Commencing my career and going on a bumpy ride, the question of “what sort of nurse do you want to be” or “what do you want to do in the future” always stressed me out because I didn’t know the answer. I still don’t know the answer and I have come to realise that is okay. 

The nurse experiences I have had and the opportunities I have been given are not something I would have ever imagined. My experience was a result of being open to new experiences and putting myself out there. When asked now where I want to go in the future my answer is “wherever I get the opportunity”. It may not seem like it at the time, but every nursing workplace is valuable and no matter where you go, you will learn valuable skills that you will be able to use in the future!

I am very much an overachiever, I always work at 110% and often take on a little more than I can handle (once again thanks ADHD brain), however this has allowed me to have some amazing opportunities. I am always the first one to put my hand up for additional courses, study days and PD as I believe this allows me to gain additional knowledge and skills. 

In order to continue to progress my career, I will keep putting my hand up and be open to any experience that comes my way – as I have learnt you never know what will come out of it! 


Absolutely, I believe that mentors are so valuable, especially in the nursing setting. I have been so lucky to have a number of mentors to support me in my career. I have valued having mentors in different areas, as I believe they all have different input/ advice and invaluable support, knowledge, and encouragement.

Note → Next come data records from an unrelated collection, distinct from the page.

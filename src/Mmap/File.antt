-- ===== src/Mmap/File.antt =====
-- The memory-mapped file of github.com/grandecola/mmap, and the system calls behind it.
-- Neither is code of this repository: both are parameters of the queue's model.
use skywalking_satellite.Base.{
  ℕ, ◌+◌, ◌-◌, ◌^◌, ◌≤◌, ◌<◌, min, ◌≡◌, Bool, List, Option, some, ◌⊎◌, length, get_or,
}

-- A mapping of a whole file. `byte` observes it; the other fields are the package's methods, each
-- with what it leaves behind. `write_at` and `read_at` answer the number of bytes copied, or none
-- for the error of an offset out of bounds.
pub record MmapFile : Type 1 where
  pub File : Type 0
  pub size : File → ℕ
  pub byte : File → ℕ → ℕ
  pub write_at : File → List ℕ → ℕ → Option ℕ × File
  pub read_at : File → ℕ → ℕ → Option (List ℕ)
  pub write_uint64_at : File → ℕ → ℕ → File
  pub read_uint64_at : File → ℕ → ℕ
  -- WriteAt copies what fits behind the offset, and nothing else changes
  pub write_at_count :
      (f : File) (bs : List ℕ) (o : ℕ)
      → o < size f
      → (write_at f bs o).0 ≡ some (min (length bs) (size f - o))
  pub write_at_size : (f : File) (bs : List ℕ) (o : ℕ) → size (write_at f bs o).1 ≡ size f
  pub write_at_inside :
      (f : File) (bs : List ℕ) (o k : ℕ)
      → o + k < size f
      → k < length bs
      → byte (write_at f bs o).1 (o + k) ≡ get_or bs k 0
  pub write_at_outside :
      (f : File) (bs : List ℕ) (o p : ℕ)
      → (p < o) ⊎ (o + length bs ≤ p)
      → byte (write_at f bs o).1 p ≡ byte f p
  -- ReadAt copies what the destination holds, up to the end of the mapping
  pub read_at_bytes :
      (f : File) (n o : ℕ)
      → o < size f
      → (bs : List ℕ) × (read_at f n o ≡ some bs)
        × (length bs ≡ min n (size f - o))
        × ((k : ℕ) → k < length bs → get_or bs k 0 ≡ byte f (o + k))
  -- a word is the eight bytes behind the offset
  pub word_size : (f : File) (v o : ℕ) → size (write_uint64_at f v o) ≡ size f
  pub word_read :
      (f : File) (v o : ℕ)
      → o + 8 ≤ size f
      → v < 2 ^ 64
      → read_uint64_at (write_uint64_at f v o) o ≡ v
  pub word_outside :
      (f : File) (v o p : ℕ) → (p < o) ⊎ (o + 8 ≤ p) → byte (write_uint64_at f v o) p ≡ byte f p
  pub word_of_bytes :
      (f g : File) (o : ℕ)
      → ((k : ℕ) → k < 8 → byte f (o + k) ≡ byte g (o + k))
      → read_uint64_at f o ≡ read_uint64_at g o

-- What the operating system answers while one call of the queue runs: whether the file of an
-- index can be opened and mapped, flushed, and unmapped.
pub record System : Type 0 where
  pub opens : ℕ → Bool
  pub flushes : ℕ → Bool
  pub unmaps : ℕ → Bool
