-- ===== src/Mmap/Meta.antt =====
-- plugins/queue/mmap/meta/meta.go: the metadata file, ten words of eight bytes. Every method
-- holds the lock of the Metadata until it returns, so a method is one step.
pub mod Laws
use skywalking_satellite.Base.{
  ℕ, ◌+◌, ◌*◌, ◌-◌, ◌^◌, Bool, true, false, ◌&&◌, not, Option, none, some, ltb, ◌==◌, if◌then◌else◌,
}
use skywalking_satellite.Base.Int.{ℤ, pos, negsuc}
use skywalking_satellite.Mmap.File.{MmapFile}

abbrev pub meta_size : ℕ
meta_size = 80

abbrev pub meta_version : ℕ
meta_version = 1

abbrev pub max_int64 : ℕ
max_int64 = 2 ^ 63 - 1

-- the positions of the words, `iota * 8`
abbrev pub version_pos : ℕ
version_pos = 0

abbrev pub wid_pos : ℕ
wid_pos = 8

abbrev pub woffset_pos : ℕ
woffset_pos = 16

abbrev pub wmid_pos : ℕ
wmid_pos = 24

abbrev pub wmoffset_pos : ℕ
wmoffset_pos = 32

abbrev pub cid_pos : ℕ
cid_pos = 40

abbrev pub coffset_pos : ℕ
coffset_pos = 48

abbrev pub rid_pos : ℕ
rid_pos = 56

abbrev pub roffset_pos : ℕ
roffset_pos = 64

abbrev pub capacity_pos : ℕ
capacity_pos = 72

unfoldable pub uint64_to_int : ℕ → ℕ
uint64_to_int v = if ltb max_int64 v then 0 else v

unfoldable pub int64_to_uint64 : ℤ → ℕ
int64_to_uint64 (pos v) = v
int64_to_uint64 (negsuc v) = 0

-- The result is never negative, so it is a plain number.
unfoldable pub uint64_to_int64 : ℕ → ℕ
uint64_to_int64 v = if ltb max_int64 v then 0 else v

-- `name` and `size` of the source are the constants above.
pub record Metadata (File : Type 0) : Type 0 where
  pub meta_file : File
  pub capacity : ℕ

pub data MetaError : Type 0 where
  cannot_map : MetaError
  version_mismatch : ℕ → MetaError
  capacity_mismatch : ℕ → MetaError

pub data MetaResult (A : Type 0) : Type 0 where
  ok : A → MetaResult A
  err : MetaError → MetaResult A

module _ (F : MmapFile) where
  open F use {File, read_uint64_at, write_uint64_at}

  unfoldable pub get_version : Metadata File → ℕ
  unfolding uint64_to_int
  get_version m = uint64_to_int (read_uint64_at m.meta_file version_pos)

  unfoldable pub put_version : Metadata File → ℤ → Metadata File
  unfolding int64_to_uint64
  put_version m v = record m {
    meta_file = write_uint64_at m.meta_file (int64_to_uint64 v) version_pos;
  }

  unfoldable pub get_capacity : Metadata File → ℕ
  unfolding uint64_to_int
  get_capacity m = uint64_to_int (read_uint64_at m.meta_file capacity_pos)

  unfoldable pub put_capacity : Metadata File → ℤ → Metadata File
  unfolding int64_to_uint64
  put_capacity m v = record m {
    meta_file = write_uint64_at m.meta_file (int64_to_uint64 v) capacity_pos;
  }

  -- Segment identifiers and offsets are int64 values that are never negative.
  unfoldable pub get_writing_offset : Metadata File → ℕ × ℕ
  unfolding uint64_to_int64
  get_writing_offset m = (
    uint64_to_int64 (read_uint64_at m.meta_file wid_pos),
    uint64_to_int64 (read_uint64_at m.meta_file woffset_pos),
  )

  unfoldable pub put_writing_offset : Metadata File → ℕ → ℕ → Metadata File
  unfolding int64_to_uint64
  put_writing_offset m id offset =
      let f = write_uint64_at m.meta_file (int64_to_uint64 (pos id)) wid_pos in
      record m { meta_file = write_uint64_at f (int64_to_uint64 (pos offset)) woffset_pos }

  unfoldable pub get_watermark_offset : Metadata File → ℕ × ℕ
  unfolding uint64_to_int64
  get_watermark_offset m = (
    uint64_to_int64 (read_uint64_at m.meta_file wmid_pos),
    uint64_to_int64 (read_uint64_at m.meta_file wmoffset_pos),
  )

  unfoldable pub put_watermark_offset : Metadata File → ℕ → ℕ → Metadata File
  unfolding int64_to_uint64
  put_watermark_offset m id offset =
      let f = write_uint64_at m.meta_file (int64_to_uint64 (pos id)) wmid_pos in
      record m { meta_file = write_uint64_at f (int64_to_uint64 (pos offset)) wmoffset_pos }

  unfoldable pub get_committed_offset : Metadata File → ℕ × ℕ
  unfolding uint64_to_int64
  get_committed_offset m = (
    uint64_to_int64 (read_uint64_at m.meta_file cid_pos),
    uint64_to_int64 (read_uint64_at m.meta_file coffset_pos),
  )

  unfoldable pub put_committed_offset : Metadata File → ℕ → ℕ → Metadata File
  unfolding int64_to_uint64
  put_committed_offset m id offset =
      let f = write_uint64_at m.meta_file (int64_to_uint64 (pos id)) cid_pos in
      record m { meta_file = write_uint64_at f (int64_to_uint64 (pos offset)) coffset_pos }

  unfoldable pub get_reading_offset : Metadata File → ℕ × ℕ
  unfolding uint64_to_int64
  get_reading_offset m = (
    uint64_to_int64 (read_uint64_at m.meta_file rid_pos),
    uint64_to_int64 (read_uint64_at m.meta_file roffset_pos),
  )

  unfoldable pub put_reading_offset : Metadata File → ℕ → ℕ → Metadata File
  unfolding int64_to_uint64
  put_reading_offset m id offset =
      let f = write_uint64_at m.meta_file (int64_to_uint64 (pos id)) rid_pos in
      record m { meta_file = write_uint64_at f (int64_to_uint64 (pos offset)) roffset_pos }

  -- `file` is what `NewSegment` answered for the path of the metadata.
  unfoldable pub new_metadata : Option File → ℕ → MetaResult (Metadata File)
  unfolding get_version get_capacity put_version put_capacity
  new_metadata none capacity = err cannot_map
  new_metadata (some file) capacity =
      let m : Metadata File = record { meta_file = file; capacity = capacity } in
      let v = get_version m in
      let c = get_capacity m in
      if not (v == 0) && not (v == meta_version)
      then err (version_mismatch v)
      else (if not (c == 0) && not (c == capacity)
          then err (capacity_mismatch c)
          else ok (put_capacity (put_version m (pos meta_version)) (pos capacity)))
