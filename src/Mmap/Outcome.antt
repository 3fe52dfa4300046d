-- ===== src/Mmap/Outcome.antt =====
-- What a call of the queue comes to: a value, an error, or a wait that nothing ends. Beside it
-- stands the state that the call leaves.
use skywalking_satellite.Base.{ℕ, ◌≡◌, refl}
use skywalking_satellite.Mmap.Meta.{MetaError}

pub data Error : Type 0 where
  full empty closed : Error  -- api.ErrFull, api.ErrEmpty, api.ErrClosed
  too_large : ℕ → Error
  cannot_open cannot_flush cannot_unmap out_of_bounds : Error
  cannot_marshal cannot_unmarshal : Error
  cannot_create_metadata : MetaError → Error

pub data Outcome (A : Type 0) : Type 0 where
  ok : A → Outcome A
  err : Error → Outcome A
  spin : Outcome A

abbrev pub M : Type 0 → Type 0 → Type 0
M S A = S → Outcome A × S

abbrev pub pure : {S A : Type 0} → A → M S A
pure a s = (ok a, s)

abbrev pub fail : {S A : Type 0} → Error → M S A
fail e s = (err e, s)

abbrev pub modify : {S : Type 0} → (S → S) → M S (Unit {0})
modify f s = (ok tt, f s)

-- What follows an outcome.
abbrev pub after : {S A B : Type 0} → Outcome A → S → (A → M S B) → Outcome B × S
after (ok a) s f = f a s
after (err e) s f = (err e, s)
after spin s f = (spin, s)

infixl 5 ◌>>=◌ ◌>>◌
abbrev pub ◌>>=◌ : {S A B : Type 0} → M S A → (A → M S B) → M S B
◌>>=◌ m f s = after (m s).0 (m s).1 f

abbrev pub ◌>>◌ : {S B : Type 0} → M S (Unit {0}) → M S B → M S B
m >> k = m >>= λ _. k

abbrev pub log_error : {S : Type 0} → Outcome (Unit {0}) → S → Outcome (Unit {0}) × S
log_error (ok a) s = (ok tt, s)
log_error (err e) s = (ok tt, s)
log_error spin s = (spin, s)

-- An error is written to the log, and the caller goes on.
abbrev pub logged : {S : Type 0} → M S (Unit {0}) → M S (Unit {0})
logged m s = log_error (m s).0 (m s).1

-- A call that returns a value has `P`; if it does not return one, `F` holds. With `⊥` for `F` the
-- call is total, with `Unit` the statement is about the calls that return.
pub data Ensures {S A : Type 0} (F : Type 0) (P : A → S → Type 0) : Outcome A → S → Type 0 where
  holds : {a : A} {s : S} → P a s → Ensures F P (ok a) s
  failed : {e : Error} {s : S} → F → Ensures F P (err e) s
  spun : {s : S} → F → Ensures F P spin s

pub Ensures-after :
    {S A B : Type 0} {F : Type 0} {P : A → S → Type 0} (Q : B → S → Type 0) (f : A → M S B)
    {o : Outcome A} {s : S}
    → Ensures F P o s
    → ((a : A) (t : S) → P a t → Ensures F Q (f a t).0 (f a t).1)
    → Ensures F Q (after o s f).0 (after o s f).1
Ensures-after Q f (holds {a = a} {s = s} p) k = k a s p
Ensures-after Q f (failed h) k = failed h
Ensures-after Q f (spun h) k = spun h

pub Ensures-weaken :
    {S A : Type 0} {F : Type 0} {P Q : A → S → Type 0} {o : Outcome A} {s : S}
    → Ensures F P o s
    → ((a : A) (t : S) → P a t → Q a t)
    → Ensures F Q o s
Ensures-weaken (holds {a = a} {s = s} p) k = holds (k a s p)
Ensures-weaken (failed h) k = failed h
Ensures-weaken (spun h) k = spun h

-- A total call returns a value.
pub Ensures-total :
    {S A : Type 0} {P : A → S → Type 0} {o : Outcome A} {s : S}
    → Ensures ⊥ P o s
    → (a : A) × (o ≡ ok a) × P a s
Ensures-total (holds {a = a} p) = (a, refl, p)
Ensures-total (failed h) = absurd h
Ensures-total (spun h) = absurd h

-- A value that was returned has the property.
pub Ensures-ok :
    {S A : Type 0} {P : A → S → Type 0} (a : A) {s : S} → Ensures (Unit {0}) P (ok a) s → P a s
Ensures-ok a (holds p) = p

-- Where a failure is excused, only the value has to be looked at.
pub Ensures-excused :
    {S A : Type 0} {F : Type 0} (P : A → S → Type 0) (o : Outcome A) (s : S)
    → F
    → ((a : A) → P a s)
    → Ensures F P o s
Ensures-excused P (ok a) s f k = holds (k a)
Ensures-excused P (err e) s f k = failed f
Ensures-excused P spin s f k = spun f
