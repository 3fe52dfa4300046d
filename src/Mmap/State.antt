-- ===== src/Mmap/State.antt =====
-- The running state of plugins/queue/mmap/queue.go, and plugins/queue/mmap/queue_lock.go.
use skywalking_satellite.Base.{ℕ, ◌%◌, Bool, true, false, List, update, if◌then◌else◌}
use skywalking_satellite.Base.Int.{ℤ}
use skywalking_satellite.Mmap.Meta.{Metadata}
use skywalking_satellite.Mmap.Outcome.{M, ok, spin}

-- `files` are the segment files by index: a file keeps its bytes while it is not mapped, since the
-- mapping is shared. `mapped` says which entries of `segments` are not nil. `flush_signals` counts
-- what was sent on flushChannel and `mark_read` is the buffer of markReadChannel.
pub record Queue (File : Type 0) : Type 0 where
  pub segment_size : ℕ
  pub max_in_mem_segments : ℕ
  pub queue_capacity_segments : ℕ
  pub flush_ceiling_num : ℕ
  pub max_event_size : ℕ
  pub meta : Metadata File
  pub files : ℕ → File
  pub mapped : ℕ → Bool
  pub mmap_count : ℕ
  pub unflushed_num : ℕ
  pub flush_signals : ℕ
  pub mark_read : List ℕ
  pub ready : Bool
  pub locker : ℕ → Bool
  pub used_size : ℤ

module _ {File : Type 0} where
  abbrev pub get_index : Queue File → ℕ → ℕ
  get_index q segment_id = segment_id % q.queue_capacity_segments

  -- CompareAndSwap in a loop: a lock that is held, and that no other routine gives back, is
  -- waited for without end.
  abbrev pub lock_by_index : ℕ → M (Queue File) (Unit {0})
  lock_by_index i q =
      if q.locker i then (spin, q) else (ok tt, record q { locker = update q.locker i true })

  abbrev pub unlock_by_index : ℕ → M (Queue File) (Unit {0})
  unlock_by_index i q =
      if q.locker i then (ok tt, record q { locker = update q.locker i false }) else (spin, q)

  abbrev pub lock : ℕ → M (Queue File) (Unit {0})
  lock segment_id q = lock_by_index (get_index q segment_id) q

  abbrev pub unlock : ℕ → M (Queue File) (Unit {0})
  unlock segment_id q = unlock_by_index (get_index q segment_id) q
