-- ===== src/Mmap/Segments.antt =====
-- plugins/queue/mmap/segment_operation.go: mapping segments on demand, and swapping them out.
use skywalking_satellite.Base.{
  ℕ, zero, suc, ◌+◌, ◌-◌, ◌*◌, ◌/◌, Bool, true, false, ◌&&◌, ◌||◌, not, ltb, leb, ◌==◌, update,
  if◌then◌else◌,
}
use skywalking_satellite.Mmap.File.{MmapFile, System}
use skywalking_satellite.Mmap.Meta.{get_reading_offset, get_writing_offset}
use skywalking_satellite.Mmap.Outcome.{
  M, ok, err, spin, pure, after, logged, ◌>>=◌, ◌>>◌, cannot_open, cannot_flush, cannot_unmap,
}
use skywalking_satellite.Mmap.State.{Queue, get_index, lock, unlock}

-- How one pass of the loop over the candidates in doSwap ends.
pub data Pass : Type 0 where
  finished returned : Pass

module _ (F : MmapFile) (os : System) where
  open F use {File}

  unfoldable pub map_segment : ℕ → M (Queue File) (Unit {0})
  map_segment segment_id q =
      let index = get_index q segment_id in
      if q.mapped index
      then (ok tt, q)
      else (if os.opens index
          then (
            ok tt,
            record q { mmap_count = q.mmap_count + 1; mapped = update q.mapped index true },
          )
          else (err cannot_open, q))

  -- mmap_count counts the mapped segments, so it is positive here.
  unfoldable pub unmap_segment : ℕ → M (Queue File) (Unit {0})
  unmap_segment segment_id q =
      let index = get_index q segment_id in
      if not (q.mapped index)
      then (ok tt, q)
      else (if not (os.flushes index)
          then (err cannot_flush, q)
          else (if not (os.unmaps index) then (err cannot_unmap, q) else (
            ok tt,
            record q { mmap_count = q.mmap_count - 1; mapped = update q.mapped index false },
          )))

  -- One candidate of the inner loop: it is skipped, or unmapped, and then the loop may return.
  unfoldable pub swap_out : ℕ → ℕ → Bool → ℕ → M (Queue File) Pass
  swap_out w_index r_index clear_all i q =
      if (get_index q i == w_index) || (get_index q i == r_index)
      then (ok finished, q)
      else (do
        unmap_segment i
        λ t. (
          ok (
              if not clear_all
                && leb (t.max_in_mem_segments / 2 - 1) (t.max_in_mem_segments - t.mmap_count)
              then returned
              else finished),
          t,
        ))
          q

  -- `for i := logicWID - 1; i >= 0 && i >= logicWID - MaxInMemSegments; i--`: the first argument
  -- counts the rounds left, the second is i + 1.
  unfoldable pub swap_pass : ℕ → ℕ → ℕ → ℕ → Bool → M (Queue File) Pass
  swap_pass zero i w_index r_index clear_all q = (ok finished, q)
  swap_pass (suc n) zero w_index r_index clear_all q = (ok finished, q)
  swap_pass (suc n) (suc i) w_index r_index clear_all q =
      let (o, t) = swap_out w_index r_index clear_all i q in
      after o t
        (elim [ returned ↦ pure returned | finished ↦ swap_pass n i w_index r_index clear_all ])

  -- The outer loop on fuel; without fuel it is still running.
  unfoldable pub swap_loop : ℕ → ℕ → ℕ → ℕ → Bool → M (Queue File) (Unit {0})
  swap_loop zero logic_wid w_index r_index clear_all q =
      if leb q.max_in_mem_segments q.mmap_count then (spin, q) else (ok tt, q)
  swap_loop (suc fuel) logic_wid w_index r_index clear_all q =
      let run =
        after (swap_pass q.max_in_mem_segments logic_wid w_index r_index clear_all q).0
          (swap_pass q.max_in_mem_segments logic_wid w_index r_index clear_all q).1
          (elim [
            | returned ↦ pure tt
            | finished ↦ swap_loop fuel logic_wid w_index r_index clear_all
          ]) in
      if leb q.max_in_mem_segments q.mmap_count then run else (ok tt, q)

  unfoldable pub do_swap : ℕ → M (Queue File) (Unit {0})
  do_swap fuel q =
      let (rid, _) = get_reading_offset F q.meta in
      let (wid, _) = get_writing_offset F q.meta in
      let logic_wid = wid + q.queue_capacity_segments in
      let clear_all = ltb (q.max_in_mem_segments * 3 / 2) (wid + 1 - rid) in
      swap_loop fuel logic_wid (get_index q wid) (get_index q rid) clear_all q

  -- The receive on insufficientMemChannel in segmentSwapper: an error of doSwap is only logged.
  unfoldable pub on_insufficient_mem : ℕ → M (Queue File) (Unit {0})
  on_insufficient_mem fuel q =
      if leb q.max_in_mem_segments q.mmap_count then logged (do_swap fuel) q else (ok tt, q)

  -- The receive on markReadChannel in segmentSwapper.
  unfoldable pub on_mark_read : ℕ → M (Queue File) (Unit {0})
  on_mark_read id = do lock id; logged (unmap_segment id); unlock id

  -- With too many segments mapped the caller waits for the swapper's answer, so the swapper's work
  -- is part of the call.
  unfoldable pub ensure_room : ℕ → M (Queue File) (Unit {0})
  ensure_room fuel q =
      if leb q.max_in_mem_segments q.mmap_count then on_insufficient_mem fuel q else (ok tt, q)

  -- The result is the index of the mapped segment in `files`.
  unfoldable pub get_segment : ℕ → ℕ → M (Queue File) ℕ
  get_segment fuel segment_id = do
    ensure_room fuel
    map_segment segment_id
    λ q.
        let index = get_index q segment_id in
        if q.mapped index then (ok index, q) else (err cannot_open, q)

  -- The pattern of every access: lock the segment, get it, use it, give the lock back. When the
  -- segment cannot be got the function returns with the lock held.
  unfoldable pub with_segment : {A : Type 0} → ℕ → ℕ → (ℕ → M (Queue File) A) → M (Queue File) A
  with_segment fuel segment_id act = do
    lock segment_id
    i ← get_segment fuel segment_id
    a ← act i
    unlock segment_id
    pure a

Ben, Amanda and Lishy are more informal mentors, senior nurses who have assisted me in my professional growth throughout my career.

Amy, who is my formal mentor (Amy has been mentoring me since the beginning of the ENL program) has been so invaluable! Although we are in different states in WA, she has supported me and provided me with so much guidance. 

From my experience effective communication has been the most critical aspect in the mentor-mentee relationship. Effective communication is the platform to create therapeutic relationships and therefore foster a supportive relationship. 

  1. Ben – senior lecturer at Notre Dame – Ben has assisted me from the beginning of my nursing journey! 
  2. Amanda – coordinator of nursing infection control 
  3. Lishy – clinical nurse specialist (my direct) and now clinical nurse manager infection control 
  4. Amy – mentor through ACN ENL program 

My advice 

My nursing career is something I never would have imagined. I have had so many different opportunities and gone down paths I didn’t even know existed!

My advice to nurses who aren’t sure what they want or are not enjoying their career is… 

Be open to new experiences, the nursing world is huge and there is so much out there! You will find what you love and where you are meant to be, so stick it out, especially during those most difficult days!